Livre d'or

Fresques monumentales - Affiches - Tableaux de chevalet - Trompe l'oeil - Toiles de protection d'échaffaudage -

Rideaux métalliques - Toiles de scène - Cours particuliers de peinture

 

"Mettre de la couleur dans la ville"

ARTISTE PEINTRE - ARCHITECTE D.P.L.G.

Conception et réalisation de fresques monumentales pour les collectivités locales, des organismes publics et privés à Paris et en Provence.

 

 

Exposition à la médiatèque d'EUROCOPTER (AIRBUS HELICOPTER) à Marignane du 2 au 12 juillet 2013.

"Une exposition ou nous avons proposé une confrontation entre des thèmes classiques (nus, paysages, natures mortes) avec une exécution moderne (spontanéité, surprise graphique, rapidité)."  Merci à Monsieur Bianco et à son équipe, chaleureuse et efficace, qui ont permis cette exposition et favorisé ce moment d'échanges et de passion.

Journal du comité d'entreprise d'Eurocopter - Août 2013.

 

Journal Municipal de Saint Victoret 03/2010.

"Trois oliviers, une fontaine, pour une nouvelle placette dans le centre ancien, sous le clocher de l'église Saint-Pierre aux liens, et le décor est planté. Restait un grand mur blanc à habiller. C'est pourquoi, deux artistes peintres ont été chargés par le maire d'y réaliser une fresque. Geneviève Fabre, plasticienne et Jacques Rivoal, architecte de formation, ont tous deux une grande expérience des fresques monumentales telle que celle représentant une vue des Alpilles chères à Van Gogh réalisée sur le cours Mirabeau à Marignane.
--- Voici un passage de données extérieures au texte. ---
-- ===== src/Node/Queue.antt =====
-- node/src/bounded-async-queue.ts: the queue between a producer and its asynchronous readers. A reader
-- is named by a number; what its promise comes to is an answer.
pub mod Bounds
pub mod Calls
pub mod Order
pub mod Retained
pub mod Tests
use agent_relay.Prelude.{
  ℕ, ◌+◌, ◌-◌, Bool, true, false, ◌||◌, Option, none, some, List, [], ◌∷◌, ◌++◌, map, if◌then◌else◌,
  ltb, leb, length, Result, ok, err,
}

-- `QueuedValue`
pub record QueuedValue {ℓ} (T : Type ℓ) : Type ℓ where
  pub value : T
  pub weight : ℕ

pub data Error : Type 0 where
  overflow : Error

-- What a promise of `next` comes to: a value, the end, or the producer's error.
pub data Answer {ℓ κ} (T : Type ℓ) (F : Type κ) : Type (ℓ ⊔ κ) where
  value : T → Answer T F
  ended : Answer T F
  failed : F → Answer T F

-- The state of `BoundedAsyncQueue`, with the error type `F` of its failures.
pub record Queue {ℓ κ} (T : Type ℓ) (F : Type κ) : Type (ℓ ⊔ κ) where
  pub max_values : ℕ
  pub max_weight : ℕ
  pub values : List (QueuedValue T)
  pub waiters : List ℕ
  pub retained_weight : ℕ
  pub closed : Bool
  pub failure : Option F

-- The answers that an operation gives to waiting readers, in order.
abbrev pub Answers {ℓ κ} : Type ℓ → Type κ → Type (ℓ ⊔ κ)
Answers T F = List (ℕ × Answer T F)

module _ {ℓ κ} {T : Type ℓ} {F : Type κ} where
  -- The constructor
  unfoldable pub create : ℕ → ℕ → Queue T F
  create max_values max_weight = record {
    max_values = max_values;
    max_weight = max_weight;
    values = [];
    waiters = [];
    retained_weight = 0;
    closed = false;
    failure = none;
  }

  -- `weight > this.maxWeight - this.#retainedWeight`, which may be negative, so that the retained
  -- weight is added on the other side.
  abbrev pub is_full : Queue T F → ℕ → Bool
  is_full q weight =
      leb q.max_values (length q.values) || ltb q.max_weight (weight + q.retained_weight)

  -- `push`, behind its check that the weight is a natural number
  unfoldable pub push : Queue T F → T → ℕ → Result Error (Queue T F × Answers T F)
  push q x weight = if q.closed then ok (q, []) else elim q.waiters [
    | waiter ∷ rest ↦ ok (record q { waiters = rest }, (waiter, Answer.value x) ∷ [])
    | [] ↦
        if is_full q weight
        then err overflow
        else ok (
          record q {
            values = q.values ++ (record { value = x; weight = weight } ∷ []);
            retained_weight = q.retained_weight + weight;
          },
          [],
        )
  ]

  abbrev pub answer_all : Answer T F → List ℕ → Answers T F
  answer_all answer readers = map (λ reader. (reader, answer)) readers

  -- `close`
  unfoldable pub close : Queue T F → Option F → Queue T F × Answers T F
  close q error = if q.closed then (q, []) else elim error [
    | none ↦ (
      record q { closed = true; failure = none; waiters = [] },
      answer_all Answer.ended q.waiters,
    )
    | some e ↦ (
      record q { closed = true; failure = some e; values = []; retained_weight = 0; waiters = [] },
      answer_all (Answer.failed e) q.waiters,
    )
  ]

  -- `next`, by a reader: answered at once, or put to wait.
  unfoldable pub next : Queue T F → ℕ → Queue T F × Answers T F
  next q reader = elim q.failure [
    | some e ↦ (q, (reader, Answer.failed e) ∷ [])
    | none ↦ elim q.values [
      | x ∷ rest ↦ (
        record q { values = rest; retained_weight = q.retained_weight - x.weight },
        (reader, Answer.value x.value) ∷ [],
      )
      | [] ↦
          if q.closed
          then (q, (reader, Answer.ended) ∷ [])
          else (record q { waiters = q.waiters ++ (reader ∷ []) }, [])
    ]
  ]
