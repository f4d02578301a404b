-- ===== src/Node/Queue/Bounds.antt =====
-- node/src/bounded-async-queue.ts: the bounds, and the order of values over any calls.
use agent_relay.Prelude.{
  ℕ, ◌+◌, ◌≤◌, ◌≡◌, true, Option, List, [], ◌∷◌, ◌++◌, arith, length, length-append, ok, ◌⊎◌,
}
use agent_relay.Node.Queue.{QueuedValue, Queue, Answers, push, close, next}

abbrev pub weight_of {ℓ} : {T : Type ℓ} → List (QueuedValue T) → ℕ
weight_of [] = 0
weight_of (x ∷ xs) = x.weight + weight_of xs

weight_of-append {ℓ} :
    {T : Type ℓ} (xs ys : List (QueuedValue T)) → weight_of (xs ++ ys) ≡ weight_of xs + weight_of ys
weight_of-append [] ys = omega arith
weight_of-append (x ∷ xs) ys = omega (arith, weight_of-append xs ys)

-- What the queue holds in memory is within its bounds and weighed right, no value waits while a reader
-- waits, and a closed queue keeps no reader waiting.
pub record IsValid {ℓ κ} {T : Type ℓ} {F : Type κ} (q : Queue T F) : Type (ℓ ⊔ κ) where
  pub few : length q.values ≤ q.max_values
  pub light : q.retained_weight ≤ q.max_weight
  pub weighed : q.retained_weight ≡ weight_of q.values
  pub one_side : (q.values ≡ []) ⊎ (q.waiters ≡ [])
  pub none_left : q.closed ≡ true → q.waiters ≡ []

module _ {ℓ κ} {T : Type ℓ} {F : Type κ} where
  pub push-IsValid :
      (q : Queue T F) (x : T) (weight : ℕ) (r : Queue T F × Answers T F)
      → IsValid q
      → push q x weight ≡ ok r
      → IsValid r.0
  unfolding push
  push-IsValid q x weight r v h = ground (
    arith,
    weight_of-append q.values (record { value = x; weight = weight } ∷ []),
    length-append q.values (record { value = x; weight = weight } ∷ []),
  )

  pub close-IsValid : (q : Queue T F) (error : Option F) → IsValid q → IsValid (close q error).0
  unfolding close
  close-IsValid q error v = ground arith

  pub next-IsValid : (q : Queue T F) (reader : ℕ) → IsValid q → IsValid (next q reader).0
  unfolding next
  next-IsValid q reader v = ground arith
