-- ===== src/Node/Queue/Calls.antt =====
-- node/src/bounded-async-queue.ts: the calls of the queue.
use agent_relay.Prelude.{ℕ, Option}

pub data Call {ℓ κ} (T : Type ℓ) (F : Type κ) : Type (ℓ ⊔ κ) where
  push : T → ℕ → Call T F
  close : Option F → Call T F
  next : ℕ → Call T F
Cette fois il s'agissait pour eux de peindre des colonnes de Pompéi, haut lieu culturel, commercial et politique de la ville romaine ensevelie sous les cendres du Vésuve. Des ruines qui rappellent donc que notre région était gallo-romaine."

Journal Municipal de Saint Victoret (13) - Mars 2010.

Carte postale MARIGNANE.

"Les Alpilles", fresque monumentale de 240m² est l'une des attractions majeures de la ville de Marignane, ainsi que le prouve la présence du cliché de l'oeuvre de Geneviève FABRE et Jacques RIVOAL sur cette carte postale représentant la ville.

 

Les colonnes de Pompéi dans le centre ancien de Saint Victoret.
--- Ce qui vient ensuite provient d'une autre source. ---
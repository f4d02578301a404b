-- ===== src/Node/Queue/Order.antt =====
-- node/src/bounded-async-queue.ts: the values over any calls.
use mathlib.Core.List.{append_assoc}
use agent_relay.Prelude.{
  ℕ, ◌≡◌, refl, sym, ap, ◌∙◌, true, false, none, some, List, [], ◌∷◌, ◌++◌, arith, if◌then◌else◌,
  Result, ok, err, ◌⊎◌, inl, inr, Result-cases, Bool-cases,
}
use agent_relay.Node.Queue.{
  QueuedValue, Error, Answer, Queue, Answers, push, close, next, answer_all,
}
use agent_relay.Node.Queue.Calls.{Call}
use agent_relay.Node.Queue.Bounds.{IsValid, push-IsValid, close-IsValid, next-IsValid}

abbrev pub held {ℓ} : {T : Type ℓ} → List (QueuedValue T) → List T
held [] = []
held (x ∷ xs) = x.value ∷ held xs

held-append {ℓ} : {T : Type ℓ} (xs ys : List (QueuedValue T)) → held (xs ++ ys) ≡ held xs ++ held ys
held-append [] ys = refl
held-append (x ∷ xs) ys = ap (λ rest. x.value ∷ rest) (held-append xs ys)

append_nil {ℓ} : {T : Type ℓ} (xs : List T) → xs ++ [] ≡ xs
append_nil [] = refl
append_nil (x ∷ xs) = ap (λ rest. x ∷ rest) (append_nil xs)

-- The values that readers were given, in the order of the answers.
abbrev pub delivered {ℓ κ} : {T : Type ℓ} {F : Type κ} → Answers T F → List T
delivered [] = []
delivered ((reader, Answer.value x) ∷ rest) = x ∷ delivered rest
delivered ((reader, Answer.ended) ∷ rest) = delivered rest
delivered ((reader, Answer.failed e) ∷ rest) = delivered rest

delivered-ended {ℓ κ} :
    (T : Type ℓ) (F : Type κ) (readers : List ℕ)
    → delivered {T = T} {F = F} (answer_all Answer.ended readers) ≡ []
delivered-ended T F [] = refl
delivered-ended T F (r ∷ rs) = delivered-ended T F rs

delivered-failed {ℓ κ} :
    (T : Type ℓ) {F : Type κ} (e : F) (readers : List ℕ)
    → delivered {T = T} (answer_all (Answer.failed e) readers) ≡ []
delivered-failed T e [] = refl
delivered-failed T e (r ∷ rs) = delivered-failed T e rs

module _ {ℓ κ} {T : Type ℓ} {F : Type κ} where
  abbrev pub or_stay : Queue T F → Result Error (Queue T F × Answers T F) → Queue T F × Answers T F
  or_stay q (ok r) = r
  or_stay q (err e) = (q, [])

  -- A call; one that throws leaves the queue.
  unfoldable pub perform : Queue T F → Call T F → Queue T F × Answers T F
  perform q (Call.push x weight) = or_stay q (push q x weight)
  perform q (Call.close error) = close q error
  perform q (Call.next reader) = next q reader

  -- The value that a call hands to the queue, unless it is refused or the queue is closed.
  unfoldable pub taken : Queue T F → Call T F → List T
  taken q (Call.push x weight) = elim (push q x weight) [
    | ok r ↦ if q.closed then [] else x ∷ []
    | err e ↦ []
  ]
  taken q call = []

  unfoldable pub run : Queue T F → List (Call T F) → Queue T F × List T × List T
  run q [] = (q, [], [])
  run q (call ∷ calls) =
      let first = perform q call in
      let rest = run first.0 calls in (rest.0, taken q call ++ rest.1, delivered first.1 ++ rest.2)

  pub perform-IsValid : (q : Queue T F) (call : Call T F) → IsValid q → IsValid (perform q call).0
  unfolding perform
  perform-IsValid q (Call.push x weight) v = elim (Result-cases (push q x weight)) [
    | inl (e, refused) ↦ rw refused v
    | inr (r, pushed) ↦ rw pushed (push-IsValid q x weight r v pushed)
  ]
  perform-IsValid q (Call.close error) v = close-IsValid q error v
  perform-IsValid q (Call.next reader) v = next-IsValid q reader v

  push-order :
      (q : Queue T F) (x : T) (weight : ℕ)
      → IsValid q
      → held q.values ++ taken q (Call.push x weight)
        ≡ delivered (perform q (Call.push x weight)).1
          ++ held (perform q (Call.push x weight)).0.values
  unfolding taken perform push
  push-order q x weight v = ground (
    arith,
    held-append q.values (record { value = x; weight = weight } ∷ []),
    append_nil (held q.values),
  )

  next-order :
      (q : Queue T F) (reader : ℕ)
      → q.failure ≡ none
      → held q.values ≡ delivered (next q reader).1 ++ held (next q reader).0.values
  unfolding next
  next-order q reader h = ground arith

  -- Ending without an error keeps what is held; failing drops it, and delivers nothing.
  close-order :
      (q : Queue T F)
      → (delivered (close q none).1 ≡ []) × (held (close q none).0.values ≡ held q.values)
  unfolding close
  close-order q = ground (arith, delivered-ended T F q.waiters)

  close-fails :
      (q : Queue T F) (e : F)
      → q.closed ≡ false
      → (delivered (close q (some e)).1 ≡ []) × ((close q (some e)).0.failure ≡ some e)
  unfolding close
  close-fails q e h = ground (arith, delivered-failed T e q.waiters)

  -- A queue that has failed stays as it is, takes nothing and gives nothing.
  perform-failed :
      (q : Queue T F) (call : Call T F) (e : F)
      → q.failure ≡ some e
      → q.closed ≡ true
      → ((perform q call).0 ≡ q) × (delivered (perform q call).1 ≡ []) × (taken q call ≡ [])
  unfolding perform taken push close next
  perform-failed q (Call.push x weight) e f c = ground arith
  perform-failed q (Call.close error) e f c = ground arith
  perform-failed q (Call.next reader) e f c = ground arith

  run-failed :
      (q : Queue T F) (calls : List (Call T F)) (e : F)
      → q.failure ≡ some e
      → q.closed ≡ true
      → ((run q calls).0.failure ≡ some e) × ((run q calls).1 ≡ []) × ((run q calls).2 ≡ [])
  unfolding run
  run-failed q [] e f c = (f, refl, refl)
  run-failed q (call ∷ calls) e f c =
      let (same, silent, none_taken) = perform-failed q call e f c in
      rw (same, silent, none_taken) (run-failed q calls e f c)

  push-failure :
      (q : Queue T F) (x : T) (weight : ℕ) → (perform q (Call.push x weight)).0.failure ≡ q.failure
  unfolding perform push
  push-failure q x weight = ground arith

  next-failure : (q : Queue T F) (reader : ℕ) → (next q reader).0.failure ≡ q.failure
  unfolding next
  next-failure q reader = ground arith

  close-closed : (q : Queue T F) (e : F) → (close q (some e)).0.closed ≡ true
  unfolding close
  close-closed q e = ground arith

  close-again :
      (q : Queue T F) (e : F)
      → q.closed ≡ true
      → ((close q (some e)).0 ≡ q) × (delivered (close q (some e)).1 ≡ [])
  unfolding close
  close-again q e h = ground arith

  perform-order :
      (q : Queue T F) (call : Call T F)
      → IsValid q
      → q.failure ≡ none
      → ((perform q call).0.failure ≡ none)
          × (held q.values ++ taken q call
              ≡ delivered (perform q call).1 ++ held (perform q call).0.values)
        ⊎ ((e : F) × ((perform q call).0.failure ≡ some e)
            × ((perform q call).0.closed ≡ true)
            × (delivered (perform q call).1 ≡ [])
            × (taken q call ≡ []))
  unfolding perform taken close
  perform-order q (Call.push x weight) v f =
      inl (push-failure q x weight ∙ f, push-order q x weight v)
  perform-order q (Call.close none) v f =
      inl (ground arith, ground (arith, close-order q, append_nil (held q.values)))
  perform-order q (Call.close (some e)) v f = elim (Bool-cases q.closed) [
    | inl again ↦
        let (same, silent) = close-again q e again in
        inl (ap (λ p. p.failure) same ∙ f, rw (same, silent) (append_nil (held q.values)))
    | inr first ↦
        let (silent, failed) = close-fails q e first in
        inr (e, failed, close-closed q e, silent, refl)
  ]
  perform-order q (Call.next reader) v f =
      inl (next-failure q reader ∙ f, append_nil (held q.values) ∙ next-order q reader f)

  -- Values come out in the order in which they went in, none twice and none left out: what the queue
  -- held and took is what the readers were given, followed by what it still holds, or, once it has
  -- been closed with an error, by what it then dropped.
  pub run-order :
      (q : Queue T F) (calls : List (Call T F))
      → IsValid q
      → q.failure ≡ none
      → (rest : List T) × (held q.values ++ (run q calls).1 ≡ (run q calls).2 ++ rest)
        × ((run q calls).0.failure ≡ none → rest ≡ held (run q calls).0.values)
  unfolding run
  run-order q [] v f = (held q.values, append_nil (held q.values), λ g. refl)
  run-order q (call ∷ calls) v f = elim (perform-order q call v f) [
    | inl (open_still, order) ↦
        let (rest, later, left) =
          run-order (perform q call).0 calls (perform-IsValid q call v) open_still in
        (
          rest,
          sym (append_assoc (held q.values) (taken q call) (run (perform q call).0 calls).1)
              ∙ ap (λ xs. xs ++ (run (perform q call).0 calls).1) order
              ∙ append_assoc (delivered (perform q call).1) (held (perform q call).0.values)
                  (run (perform q call).0 calls).1
              ∙ ap (λ xs. delivered (perform q call).1 ++ xs) later
              ∙ sym (
                  append_assoc (delivered (perform q call).1) (run (perform q call).0 calls).2
                    rest),
          left,
        )
    | inr (e, failed, closed, silent, none_taken) ↦
        let (after, no_more, no_answer) = run-failed (perform q call).0 calls e failed closed in
        (
          held q.values,
          rw (silent, none_taken, no_more, no_answer) (append_nil (held q.values)),
          λ g. cc (g, after),
        )
  ]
"Les deux artistes qui ont soigneusement préparé leur réalisation en compulsant de nombreux documents, ont fait une grande quantité d'études, travaillant sur les couleurs, les matières, afin de s'adapter au support granuleux du mur. "Nous avons découvert qu 'en procédant par frottis, par couches épaisses, on obtenait une espèce de grain qui donne un style rustique assez propice à une évocation de ruines. Pour la représentation de la végétation on se rend compte que ça crée une espèce de vibration comme si la lumière jouait dessus."

La Provence- 10 janvier 2010

 

Portrait des Artistes: Spécialistes des fresques et du trompe l'oeil.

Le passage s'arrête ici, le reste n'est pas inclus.